The Downside of CEO Experience
I had not intended to create a little CEO theme on the blog, but after Monday’s post on the role of the CEO (still looking for CEOs to weigh in on that, by the way), I came across an interesting article in the MIT Sloan Management Review about the “CEO Experience Trap.”
The authors did some research and determined that in the large, public companies they studied, taking over as CEO when you were previously a CEO at a different company was actually NEGATIVELY correlated with three-year performance in the new role. Why? The authors suspect that the experience the CEOs gained in their previous CEO job actually detracts from their ability to succeed in the new organization:
Prior CEOs may be too embedded in the norms, culture and routines of one organization and thus may underperform in another because they have developed fixed assumptions about how tasks should be done.

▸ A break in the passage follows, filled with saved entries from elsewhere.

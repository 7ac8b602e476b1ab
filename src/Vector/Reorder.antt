-- ===== src/Vector/Reorder.antt =====
-- `vector_reorder` of lib/vector/vector.c, a bubble sort through two buffers.
use peach_os64bit_module_two.Common.{
  ℕ, zero, suc, ◌+◌, ◌-◌, Bool, true, false, ◌||◌, ltb, ◌==◌, if◌then◌else◌,
}
use peach_os64bit_module_two.Status.{Result, ok, err}
use peach_os64bit_module_two.Memory.{Mem, memset}
use peach_os64bit_module_two.Vector.{Vector, vector_count, vector_at, vector_overwrite, to_int}

-- Whether a step of `vector_reorder` let its loops go on, and the memory after it.
abbrev pub Step : Type 0
Step = Bool × Mem

-- The next call, unless the one before has failed.
abbrev pub next : Result (Unit {0}) × Mem → (Mem → Step) → Step
next (ok _, m) more = more m
next (err _, m) more = (false, m)

abbrev pub continue : Step → (Mem → Step) → Step
continue (true, m) more = more m
continue (false, m) more = (false, m)

-- `reorder` is the function given, as whether its result is positive.
module _ (reorder : Mem → ℕ → ℕ → Bool) where
  -- One comparison, through the two buffers.
  unfoldable pub compare_swap : Mem → Vector → ℕ → ℕ → ℕ → Step
  compare_swap m vec elem1 elem2 j = next (vector_at m vec j elem1 vec.e_size) (λ m1.
      next (vector_at m1 vec (j + 1) elem2 vec.e_size) (λ m2.
        if reorder m2 elem1 elem2
        then next (vector_overwrite m2 vec (to_int j) elem2 vec.e_size) (λ m3.
          next (vector_overwrite m3 vec (to_int (j + 1)) elem1 vec.e_size) (λ m4. (true, m4)))
        else (true, m2)))

  unfoldable pub inner_loop : ℕ → Mem → Vector → ℕ → ℕ → ℕ → Step
  inner_loop zero m vec elem1 elem2 j = (true, m)
  inner_loop (suc rounds) m vec elem1 elem2 j =
      continue (compare_swap m vec elem1 elem2 j)
        (λ m'. inner_loop rounds m' vec elem1 elem2 (j + 1))

  unfoldable pub outer_loop : ℕ → Mem → Vector → ℕ → ℕ → Step
  outer_loop zero m vec elem1 elem2 = (true, m)
  outer_loop (suc rounds) m vec elem1 elem2 =
      continue (inner_loop (suc rounds) m vec elem1 elem2 0)
        (λ m'. outer_loop rounds m' vec elem1 elem2)

  -- `vector_reorder`, with the addresses of the buffers that `kzalloc` returns. The i-th round of
  -- its outer loop has `count - i - 1` comparisons.
  unfoldable pub vector_reorder : Mem → Vector → ℕ → ℕ → Mem
  vector_reorder m vec elem1 elem2 =
      if ltb (vector_count vec) 2
      then m
      else if (elem1 == 0) || (elem2 == 0)
      then m
      else (outer_loop (vector_count vec - 1)
          (memset (memset m elem1 0 vec.e_size) elem2 0 vec.e_size) vec elem1 elem2).1
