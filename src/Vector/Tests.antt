-- ===== src/Vector/Tests.antt =====
-- The theorems on lib/vector/vector.c for a vector of one element of two bytes.
use peach_os64bit_module_two.Common.{ℕ, ◌+◌, ◌-◌, ◌%◌, ◌≡◌, ◌⊎◌, inl, if◌then◌else◌, arith}
use peach_os64bit_module_two.Common.Int.{pos}
use peach_os64bit_module_two.Status.{ok, err, enomem}
use peach_os64bit_module_two.Memory.{Mem}
use peach_os64bit_module_two.Memory.Laws.{within}
use peach_os64bit_module_two.Vector.Search.{IsBuffer}
use peach_os64bit_module_two.Vector.Remove.{PopsElement, vector_pop_element-PopsElement}
use peach_os64bit_module_two.Vector.{Vector, vector_pop_element, vector_push}
use peach_os64bit_module_two.Vector.Elements.{IsVector}
use peach_os64bit_module_two.Vector.Push.{IsRealloc, Pushed, vector_push-Pushed}

abbrev bytes : Mem
bytes a = a % 256

abbrev block : ℕ
block = 10

abbrev one : Vector
one = record {
  memory = 100;
  flags = 0;
  e_size = 2;
  t_elems = 1;
  tm_elems = 1;
  t_reserved_elements = 4;
}

one-IsVector : IsVector one
one-IsVector = record {
  count = omega arith;
  fits = omega arith;
  small = omega arith;
  counted = omega arith;
}

-- A krealloc that moves the two bytes at 100 to 1000.
abbrev to_thousand : Mem → ℕ → ℕ → ℕ × Mem
to_thousand m old size = (1000, λ a. if within 1000 2 a then m (old + (a - 1000)) else m a)

to_thousand-IsRealloc : IsRealloc bytes one block 12 (to_thousand bytes 100 12)
to_thousand-IsRealloc = record {
  fits = λ _. omega arith;
  kept = λ _ o lt. ground (arith, lt);
  other = λ _ k lt. ground (arith, lt);
  apart = λ _. inl (omega arith);
}

vector_push-Pushed_example :
    let (res, v', m') = vector_push to_thousand bytes one block in
    ((res ≡ ok (pos 1)) × Pushed bytes one block m' v')
    ⊎ ((res ≡ err enomem) × (v' ≡ record one { memory = 0 }))
vector_push-Pushed_example =
    vector_push-Pushed to_thousand bytes one one-IsVector block (inl (omega arith)) (omega arith)
      (omega arith) to_thousand-IsRealloc

abbrev three : Vector
three = record {
  memory = 100;
  flags = 0;
  e_size = 2;
  t_elems = 3;
  tm_elems = 5;
  t_reserved_elements = 4;
}

three-IsVector : IsVector three
three-IsVector = record {
  count = omega arith;
  fits = omega arith;
  small = omega arith;
  counted = omega arith;
}

-- The value lies in the vector, the buffer before it.
three-IsBuffer : IsBuffer three 102 10
three-IsBuffer = record {
  there = ground arith;
  apart = inl (omega arith);
  other = inl (omega arith);
}

vector_pop_element-PopsElement_example :
    PopsElement three three-IsVector
      (omega arith)
      102
      10
      three-IsBuffer
      bytes
      (vector_pop_element bytes three 102 2 10)
vector_pop_element-PopsElement_example =
    vector_pop_element-PopsElement three three-IsVector (omega arith) 102 10 three-IsBuffer bytes
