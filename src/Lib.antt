-- ===== src/Lib.antt =====
-- Vihara: a Kubernetes controller that carries out planned maintenance on nodes.
--
-- A `Maintenance` object selects nodes, gives a schedule and lists stages (drain the nodes, run a
-- pod, uncordon them). The controller admits new objects, waits for their schedule, freezes their
-- specification in a snapshot, checks the maintenances they depend on, and creates one
-- `MaintenanceJob` for each selected node. Each `MaintenanceJob` is then moved through its stages.
-- Two timeout queues call the controller back, one with names of `Maintenance` objects and one with
-- names of `MaintenanceJob` objects; informers call it with the events of these objects and of the
-- Kubernetes jobs that run the pods.
--
-- The parts of the program and the files that model them:
-- - pkg/apis/vihara/v1alpha1/types_maintenance.go: Api/MtTypes (types, `CanBeScheduledIn`,
--   `Finished`, `Admitted`, `Canceled`, `Started`, `Scheduled`, `Expired`) and Validate (the
--   `Validate` methods).
-- - pkg/apis/vihara/v1alpha1/types_maintenancejob.go: Api/MtJobTypes.
-- - pkg/conf/vihara.go: Conf. pkg/conf/util.go: Cmd/ReadConfig (`ReadConfig`) and Cmd/Signals (its
--   signal loop).
-- - cmd/vihara/main.go, pkg/cmd/vihara.go, pkg/constant/env.go: Cmd (`main`, the flags' defaults,
--   `run` and its callbacks, `init`).
-- - pkg/util/manager/base_manager.go: Manager.
-- - pkg/controller/maintenance/maintenance.go: Controller/Phases (`onMaintenanceAdded`,
--   `onMaintenanceUpdated`, `onMaintenanceDeleting`, `onMaintenanceDeleted`,
--   `getMaintenanceFromCache`, `enqueueMaintenanceForScheduling`), Controller/Schedule
--   (`scheduleMaintenance`), Controller/Dependencies (its loops over the dependencies),
--   Controller/Creation (its loops over the nodes and the new jobs), Controller/NodeEnv
--   (`CreatePodEnvVarFromNodeSpecificEnv`, `CreatePodEnvSourceFromNodeSpecificEnvFrom`,
--   `ExtractNodeFieldPathAsString`).
-- - pkg/controller/maintenance/maintenencejob.go: Controller/JobEvents (`onMaintenanceJobAdded` and
--   the other three), Controller/JobCache (`getMaintenanceJobFromCache`,
--   `enqueueMaintenanceJobForScheduling`), Controller/Stages (`scheduleMaintenanceJob`),
--   Controller/Nodes (`drainNodes`, `uncordonNodes`, `getNodesByMaintenanceNodeSelectors`,
--   `patchUpdateNode`), Controller/Generate (`generateMaintenanceJob`), Controller/Merge
--   (`mergeEnv`, `mergeEnvFrom`).
-- - pkg/controller/maintenance/job.go: Controller/JobEvents (`onJobUpdated` and the other three) and
--   Controller/Generate (`generateJob`).
-- - pkg/controller/maintenance/controller.go: Controller/Reconcile (the `Controller` fields that the
--   handlers read, `reconcile.Result`), Controller/Events (the handlers that `NewController` gives to
--   the reconcilers) and Controller/Process (`processMaintenanceSchedule`,
--   `processMaintenanceJobSchedule`, and the function that `Start` runs once; its two consumers are
--   one list of keys, in the order in which they are handled).
-- - pkg/apis/vihara/generated/clientset/versioned/typed/vihara/v1alpha1: Env/Clients, the calls that
--   the controller makes, and Clientset (every method of the two clients with its request, and of
--   their fakes with its action).
-- - pkg/apis/vihara/generated/informers/externalversions: Informers (the factory and the two
--   informers). pkg/apis/vihara/generated/listers: Informers/Listers.
--
-- The controller as a whole is in System. Lifecycle is the abstract machine of a Maintenance's status,
-- and Reachable the relation of the controller's steps: the informers deliver and forget objects,
-- the handlers run, the queues give out keys, and the controller is restarted with empty caches. An
-- object that is delivered has the status of a new object or one that was submitted before. Frames
-- says what each part leaves alone, Statuses and JobStatuses what each part keeps (the latter with a
-- small program logic), Invariants what therefore holds in each reachable state, Phases what the
-- controller does to the objects of its cache, and Progress how a drain comes to its end. A handler
-- and the processing of a key are one step each.
--
-- How code becomes definitions. A handler is a function from the state to an outcome and a state
-- (`M` of Env): the state has the two informer caches and the history of the calls made so far. What
-- is not in the repository (the API server behind the clients, the queues, the clock, the event
-- recorder, and the libraries for JSON, hashes, patches, selectors, taints and field paths) is the
-- record `Env` of functions, which every definition that uses it takes as an argument. The ones that
-- answer a call read the history, so two equal calls may have different answers, and no answer is
-- assumed where a theorem does not name it. A nil dereference and an index out of range are the
-- outcome `panicked`. An error is a value of `Error`, and `nil` is `none`.
--
-- Pointers. `getMaintenanceFromCache` and `getMaintenanceJobFromCache` hand out the cache's own
-- object, so a write through them is a write to the cache (`write_mt`, `write_mt_job`); an object
-- that a client returned, or a `DeepCopy`, is not in the cache. On an error a client returns an empty
-- object, as the generated code does.
--
-- Bounds. Instants and durations are integers of nanoseconds without the limits of an int64, except
-- for the timeouts of Clientset, which wrap around.
-- `Duration.Seconds` is a float64 in the source, and exact to the second below 2^23 seconds. The
-- loop of `scheduleMaintenance` over the names of a job ends at 2^64 - 2 rounds in the source too,
-- which is `max_rounds`: its fuel is the loop's own bound. A uint64 has at most 16 digits in base 16,
-- the fuel of `format_hex`. Every other loop is a recursion on the list it goes through.
--
-- Not modelled: log lines; the order in which Go walks a map, where the source does not sort (the
-- model walks its association list); the text of a pod's node affinity; the construction of
-- clients, informers and reconcilers in `NewController`; interleavings within the handling of one
-- key; the metrics server and the event broadcaster of the command; the version command; generated
-- registrations, client sets and deep copies; vendored libraries.
pub mod Prelude
pub mod Api
pub mod Env
pub mod Conf
pub mod Validate
pub mod Controller
pub mod Manager
pub mod Cmd
pub mod Clientset
pub mod Informers
pub mod System
pub mod Tests
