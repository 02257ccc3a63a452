-- ===== src/Prelude/Assoc.antt =====
-- Go's maps with string keys, as association lists whose first entry of a key counts.
use Prim.Native.String.{String}
use mathlib.Core.Path.{◌≡◌, refl, sym, subst}
use mathlib.Core.Logic.{inl, inr}
use mathlib.Core.Bool.{Bool, true, false}
use mathlib.Core.Option.{Option, none, some}
use mathlib.Core.List.{List, [], ◌∷◌, Memᴰ}
use native.Mathlib.Omega.{arith}
use text.Mathlib.Text.{◌==◌}
use text.Mathlib.TextEquality.{eq_iff}
use Prim.Native.Nat.{◌≤◌, ◌<◌}
use vihara.Prelude.Lists.{length}
use vihara.Prelude.Tests.{Bool-cases, if◌then◌else◌}

abbrev pub Map {ℓ} : Type ℓ → Type ℓ
Map V = List (String × V)

module _ {ℓ} {V : Type ℓ} where
  -- `v, ok := m[k]`
  unfoldable pub lookup : String → Map V → Option V
  lookup key [] = none
  lookup key ((first, value) ∷ rest) = if first == key then some value else lookup key rest

  -- `m[k] = v`
  unfoldable pub insert : String → V → Map V → Map V
  insert key new [] = (key, new) ∷ []
  insert key new ((first, value) ∷ rest) =
      let behind = insert key new rest in
      if first == key then (first, new) ∷ rest else (first, value) ∷ behind

  -- `delete(m, k)`
  unfoldable pub erase : String → Map V → Map V
  erase key [] = []
  erase key ((first, value) ∷ rest) =
      let behind = erase key rest in if first == key then behind else (first, value) ∷ behind

  pub lookup-insert :
      (key other : String) (new : V) (m : Map V)
      → lookup other (insert key new m) ≡ (if key == other then some new else lookup other m)
  unfolding insert lookup
  lookup-insert key other new [] = refl
  lookup-insert key other new ((first, value) ∷ rest) = ground (
    arith,
    eq_iff first key,
    eq_iff first other,
    eq_iff key other,
    lookup-insert key other new rest,
  )

  pub lookup-erase :
      (key other : String) (m : Map V)
      → lookup other (erase key m) ≡ (if key == other then none else lookup other m)
  unfolding erase lookup
  lookup-erase key other [] = ground arith
  lookup-erase key other ((first, value) ∷ rest) =
      ground
        (arith, eq_iff first key, eq_iff first other, eq_iff key other, lookup-erase key other rest)

  -- No key is twice in the map, as in every map of Go.
  abbrev pub Distinct : Map V → Type ℓ
  Distinct [] = Unit
  Distinct ((k, v) ∷ m) = (lookup k m ≡ none) × Distinct m

  pub Distinct-insert : (k : String) (v : V) (m : Map V) → Distinct m → Distinct (insert k v m)
  unfolding insert lookup
  Distinct-insert k v [] h = (refl, tt)
  Distinct-insert k v ((j, w) ∷ m) (new, h) =
      ground (arith, eq_iff j k, eq_iff k j, lookup-insert k j v m, Distinct-insert k v m h)

  pub Distinct-erase : (k : String) (m : Map V) → Distinct m → Distinct (erase k m)
  unfolding erase
  Distinct-erase k [] h = tt
  Distinct-erase k ((j, w) ∷ m) (new, h) = ground (arith, lookup-erase k j m, Distinct-erase k m h)

-- Membership in a list of strings, as the sets of `k8s.io/apimachinery/pkg/util/sets` have it.
abbrev pub contains : List String → String → Bool
contains [] a = false
contains (x ∷ xs) a = if x == a then true else contains xs a

-- The keys in the order of the entries.
unfoldable pub keys {ℓ} : {V : Type ℓ} → Map V → List String
keys [] = []
keys ((k, v) ∷ m) = k ∷ keys m

-- What a key leads to is in the list of the keys.
pub lookup-keys {ℓ} :
    {V : Type ℓ} (k : String) (m : Map V) {v : V} → lookup k m ≡ some v → Memᴰ k (keys m)
unfolding lookup keys
lookup-keys k [] h = cc
lookup-keys k ((j, w) ∷ m) h = elim (Bool-cases (j == k)) [
  | inl same ↦ Memᴰ.head (sym ((eq_iff j k).0 same))
  | inr other ↦ Memᴰ.tail (lookup-keys k m (rw (other, if◌then◌else◌) at h))
]

-- Every value of the map has the property.
abbrev pub AllValues {ℓ κ} : {V : Type ℓ} → (V → Type κ) → Map V → Type κ
AllValues P [] = Unit
AllValues P ((k, v) ∷ m) = P v × AllValues P m

pub AllValues-lookup {ℓ κ} :
    {V : Type ℓ} (P : V → Type κ) (k : String) (m : Map V) {v : V}
    → lookup k m ≡ some v
    → AllValues P m
    → P v
unfolding lookup
AllValues-lookup P k [] h all = cc
AllValues-lookup P k ((j, w) ∷ m) {v} h (p, all) = elim (Bool-cases (j == k)) [
  | inl same ↦
      let found : some w ≡ some v = rw (same, if◌then◌else◌) at h in
      let value : w ≡ v = cc in subst P value p
  | inr other ↦ AllValues-lookup P k m (rw (other, if◌then◌else◌) at h) all
]

pub AllValues-insert {ℓ κ} :
    {V : Type ℓ} (P : V → Type κ) (k : String) (v : V) (m : Map V)
    → P v
    → AllValues P m
    → AllValues P (insert k v m)
unfolding insert
AllValues-insert P k v [] p all = (p, tt)
AllValues-insert P k v ((j, w) ∷ m) p (q, all) = elim (Bool-cases (j == k)) [
  | inl same ↦ rw (same, if◌then◌else◌) (p, all)
  | inr other ↦ rw (other, if◌then◌else◌) (q, AllValues-insert P k v m p all)
]

pub AllValues-erase {ℓ κ} :
    {V : Type ℓ} (P : V → Type κ) (k : String) (m : Map V) → AllValues P m → AllValues P (erase k m)
unfolding erase
AllValues-erase P k [] all = tt
AllValues-erase P k ((j, w) ∷ m) (q, all) = elim (Bool-cases (j == k)) [
  | inl same ↦ rw (same, if◌then◌else◌) (AllValues-erase P k m all)
  | inr other ↦ rw (other, if◌then◌else◌) (q, AllValues-erase P k m all)
]

pub AllValues-map {ℓ κ μ} :
    {V : Type ℓ} {P : V → Type κ} {Q : V → Type μ}
    → ((v : V) → P v → Q v)
    → (m : Map V) → AllValues P m
    → AllValues Q m
AllValues-map f [] all = tt
AllValues-map f ((k, v) ∷ m) (p, all) = (f v p, AllValues-map f m all)

module _ {ℓ} {V : Type ℓ} where
  length-erase_le : (k : String) (m : Map V) → length (erase k m) ≤ length m
  unfolding erase
  length-erase_le k [] = omega arith
  length-erase_le k ((j, v) ∷ m) = ground (arith, length-erase_le k m)

  -- A key that is there takes an entry with it.
  pub length-erase :
      (k : String) (m : Map V) {v : V} → lookup k m ≡ some v → length (erase k m) < length m
  unfolding erase lookup
  length-erase k [] h = cc
  length-erase k ((j, w) ∷ m) h = elim (Bool-cases (j == k)) [
    | inl same ↦ rw (same, if◌then◌else◌) (omega (arith, length-erase_le k m))
    | inr other ↦
        let shorter = length-erase k m (rw (other, if◌then◌else◌) at h) in
        rw (other, if◌then◌else◌) (omega (arith, shorter))
  ]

In other words, they move to a new context, but don’t adapt to the new context. That’s machine thinking at its best! The authors suggest things like finding an interim position that a new CEO can take so they can learn the context, or perhaps serving on the company’s Board of Directors first. This would allow them to “unlearn” what they learned in their previous CEO job.
If the CEO’s job is about culture, strategy, people, and finances (as I suggested in my last post), then obviously context is critical. Perhaps this article is telling us that context is more important than actually knowing how to do those things.